By The Kerr Center for Sustainable Agriculture
Last month, the U.S. Fish & Wildlife Service (USFWS) proposed listing the monarch butterfly as threatened under the Endangered Species Act. The agency published a proposed rule in the Federal Register, and is accepting public comment on that rule through March 12.
According to the agency’s most recent monarch Species Status Assessment, “by 2080 the probability of extinction for eastern monarchs ranges from 56 to 74% and the probability of extinction for western monarchs is greater than 95%. Threats to the species include the loss and degradation of breeding, migratory and overwintering habitat, exposure to insecticides, and the effects of climate change.”
A threatened species is one step safer than an endangered one. An endangered species faces “danger of extinction throughout all or a significant portion of its range,” while a threatened species is “likely to become an endangered species within the foreseeable future.”
The proposal is the latest stage in the monarchs’ long and winding journey toward official federal recognition of their plight. In 2014, in response to several conservation organizations’ request for the agency to list the monarch butterfly as a threatened species, USFWS published a “finding” that listing the monarch butterfly might be warranted.

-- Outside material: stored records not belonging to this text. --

-- ===== src/Hash/Collisions.antt =====
-- What the collisions of `jenkins_hash` cannot be.
use lock_free_cuckoo_filter.Prelude.{ℕ, ◌^◌, ◌<◌, List, arith}
use lock_free_cuckoo_filter.Hash.{jenkins_hash}

-- The hash value is a 32-bit word.
pub jenkins_hash-lt : (key : List ℕ) → jenkins_hash key < 2 ^ 32
unfolding jenkins_hash
jenkins_hash-lt key = omega arith
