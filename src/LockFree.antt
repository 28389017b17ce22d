-- ===== src/LockFree.antt =====
-- cuckoo_filter/lock_free_filter.cpp and include/lock_free_filter.h: the lock-free filter. A method
-- is a program of atomic accesses to shared memory, so that it can run alone or interleaved.
pub mod Program
pub mod Memory
pub mod Relocate
pub mod Methods
pub mod Lifecycle
pub mod Destruction
pub mod Threads
pub mod Safety
pub mod Alone
pub mod Reclaim
pub mod Hazards
pub mod Bounds
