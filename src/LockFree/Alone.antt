-- ===== src/LockFree/Alone.antt =====
-- Calls that run alone, while no item is marked.
pub mod Runs
pub mod Search
pub mod Find
pub mod Insert
pub mod Still
pub mod Contents
pub mod Walk
pub mod Stores
pub mod Marking
pub mod Moves
pub mod Kick
pub mod Entries
pub mod Shift
pub mod Full
pub mod Held
pub mod Contract
pub mod Answers
pub mod RemoveRounds
pub mod Removal
pub mod Allowed
pub mod NewMemory
pub mod History
pub mod Restart
pub mod Stuck
pub mod Overflow
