-- ===== src/Pointer.antt =====
-- cuckoo_filter/pointer_utils.cpp and include/pointer_utils.h: a 64-bit word that packs a 16-bit
-- counter, a 48-bit address with its lowest bit clear, and a mark in that bit.
pub mod Fields
pub mod RoundTrip
pub mod Updates
use lock_free_cuckoo_filter.Prelude.{
  ℕ, ◌+◌, ◌-◌, ◌*◌, ◌/◌, ◌%◌, ◌^◌, bit_and, bit_or, Bool, not, Option, none, some, ltb, ◌==◌,
  if◌then◌else◌, bit,
}

-- `uint64_t`
abbrev pub TablePointer : Type 0
TablePointer = ℕ

abbrev pub uint16_max : ℕ
uint16_max = 0xFFFF

abbrev pub counter_mask : ℕ
counter_mask = 0xFFFF000000000000

abbrev pub real_pointer_mask : ℕ
real_pointer_mask = 0xFFFFFFFFFFFE

abbrev pub mark_mask : ℕ
mark_mask = 0x1

-- `~x` and `x << k` on 64 bits
abbrev pub complement : ℕ → ℕ
complement x = 0xFFFFFFFFFFFFFFFF - x

abbrev pub shift_left : ℕ → ℕ → ℕ
shift_left x k = (x * 2 ^ k) % 2 ^ 64

unfoldable pub get_counter : TablePointer → ℕ
get_counter pointer = (bit_and pointer counter_mask / 2 ^ 48) % 2 ^ 16

-- `none` stands for `abort()` in the next two and in `create_pointer`.
unfoldable pub update_counter : TablePointer → ℕ → Option TablePointer
update_counter pointer counter_val =
    if ltb uint16_max counter_val
    then none
    else some (bit_or (bit_and pointer (complement counter_mask)) (shift_left counter_val 48))

unfoldable pub get_new_counter : TablePointer → ℕ → Option TablePointer
get_new_counter pointer counter_val =
    if ltb uint16_max counter_val
    then none
    else let ret = bit_and pointer (complement counter_mask) in
      some (bit_or ret (shift_left counter_val 48))

unfoldable pub get_real_pointer : TablePointer → ℕ
get_real_pointer pointer = bit_and pointer real_pointer_mask

unfoldable pub update_real_pointer : TablePointer → ℕ → TablePointer
update_real_pointer pointer real_pointer =
    bit_or (bit_and pointer (complement real_pointer_mask)) real_pointer

unfoldable pub get_new_real_pointer : TablePointer → ℕ → TablePointer
get_new_real_pointer pointer real_pointer =
    let ret = bit_and pointer (complement real_pointer_mask) in bit_or ret real_pointer

unfoldable pub get_marked : TablePointer → Bool
get_marked pointer = not (bit_and pointer mark_mask == 0)

unfoldable pub update_marked : TablePointer → Bool → TablePointer
update_marked pointer marked = bit_or (bit_and pointer (complement mark_mask)) (bit marked)

unfoldable pub get_new_mark : TablePointer → Bool → TablePointer
get_new_mark pointer marked =
    let ret = bit_and pointer (complement mark_mask) in bit_or ret (bit marked)

unfoldable pub create_pointer : ℕ → ℕ → Bool → Option TablePointer
create_pointer counter real_pointer marked =
    if ltb uint16_max counter
    then none
    else some (bit_or (bit_or (bit_or 0 (bit marked)) real_pointer) (shift_left counter 48))
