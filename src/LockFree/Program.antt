-- ===== src/LockFree/Program.antt =====
-- Programs of atomic accesses to the shared memory of the lock-free filter.
use lock_free_cuckoo_filter.Prelude.{ℕ, Bool, Option, none, some}
use lock_free_cuckoo_filter.Pointer.{TablePointer}
use lock_free_cuckoo_filter.Table.{Fingerprint}

-- An address of a `HashEntry`; 0 is the null pointer.
abbrev pub Address : Type 0
Address = ℕ

-- What a thread does next, and how it goes on with the answer.
pub data Program (A : Type 0) : Type 0 where
  done : A → Program A
  aborted : Program A  -- a call of `abort()`
  out_of_fuel : Program A  -- a loop that has used up its rounds
  reading : (b i : ℕ) → (TablePointer → Program A) → Program A  -- `hash_table[b][i]`
  comparing : (b i : ℕ) → (expected desired : TablePointer) → (Bool → Program A) → Program A
      -- `__sync_bool_compare_and_swap(&hash_table[b][i], expected, desired)`
  marking : (p : Address) → (index tid : ℕ) → Program A → Program A  -- `hazard_ptrs[tid][index] = p`
  dereferencing : (p : Address) → (Fingerprint → Program A) → Program A  -- `p->str`
  allocating : Fingerprint → (Address → Program A) → Program A  -- `new HashEntry()`, with its `str`
  retiring : (p : Address) → (tid : ℕ) → Program A → Program A  -- `retired_ptrs[tid].push_back(p)`

infixl 5 ◌>>=◌ ◌>>◌
abbrev pub ◌>>=◌ : {A B : Type 0} → Program A → (A → Program B) → Program B
done a >>= f = f a
aborted >>= f = aborted
out_of_fuel >>= f = out_of_fuel
reading b i k >>= f = reading b i (λ w. k w >>= f)
comparing b i expected desired k >>= f = comparing b i expected desired (λ r. k r >>= f)
marking p index tid k >>= f = marking p index tid (k >>= f)
dereferencing p k >>= f = dereferencing p (λ s. k s >>= f)
allocating s k >>= f = allocating s (λ p. k p >>= f)
retiring p tid k >>= f = retiring p tid (k >>= f)

abbrev pub ◌>>◌ : {B : Type 0} → Program (Unit {0}) → Program B → Program B
m >> k = m >>= λ _. k

abbrev pub read_slot : ℕ → ℕ → Program TablePointer
read_slot b i = reading b i done

abbrev pub compare_and_swap : ℕ → ℕ → TablePointer → TablePointer → Program Bool
compare_and_swap b i expected desired = comparing b i expected desired done

abbrev pub entry_str : Address → Program Fingerprint
entry_str p = dereferencing p done

abbrev pub new_entry : Fingerprint → Program Address
new_entry s = allocating s done

-- The result of a function that may have called `abort()`
abbrev pub or_abort : Option TablePointer → Program TablePointer
or_abort none = aborted
or_abort (some w) = done w

unfoldable pub mark_hazard : Address → ℕ → ℕ → Program (Unit {0})
mark_hazard real_pointer index tid = marking real_pointer index tid (done tt)

unfoldable pub clear_hazard : ℕ → Program (Unit {0})
unfolding mark_hazard
clear_hazard tid = mark_hazard 0 0 tid >> mark_hazard 0 1 tid

unfoldable pub retire_key : Address → ℕ → Program (Unit {0})
retire_key real_pointer tid = retiring real_pointer tid (done tt)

Six years later, USFWS published another finding, stating that listing the species as endangered or threatened was warranted, but “precluded by higher priority actions.” In other words, the monarch met all the criteria for listing, but so many other candidate species were in even worse shape that the monarch’s status was left unchanged.
In both 2022 and 2023, the agency reiterated that finding.
USFWS has released a fact sheet on the proposed rule, specific to agricultural producers. It states that the rule’s goal is “to encourage voluntary conservation measures. That means that activities that may maintain, enhance, remove or establish milkweed and nectar plants within the breeding and migratory range would be allowed in many circumstances.”
The intent is “to avoid large-scale, permanent conversion of monarch habitat. The proposed rule explicitly allows for routine agricultural activities, livestock grazing and ranching activities… encouraging active habitat management that supports monarchs while landowners manage their land as they intended.”
The full text of the proposed rule, and instructions for submitting comments, are available in the Federal Register Reading Room. The USFWS website offers additional information.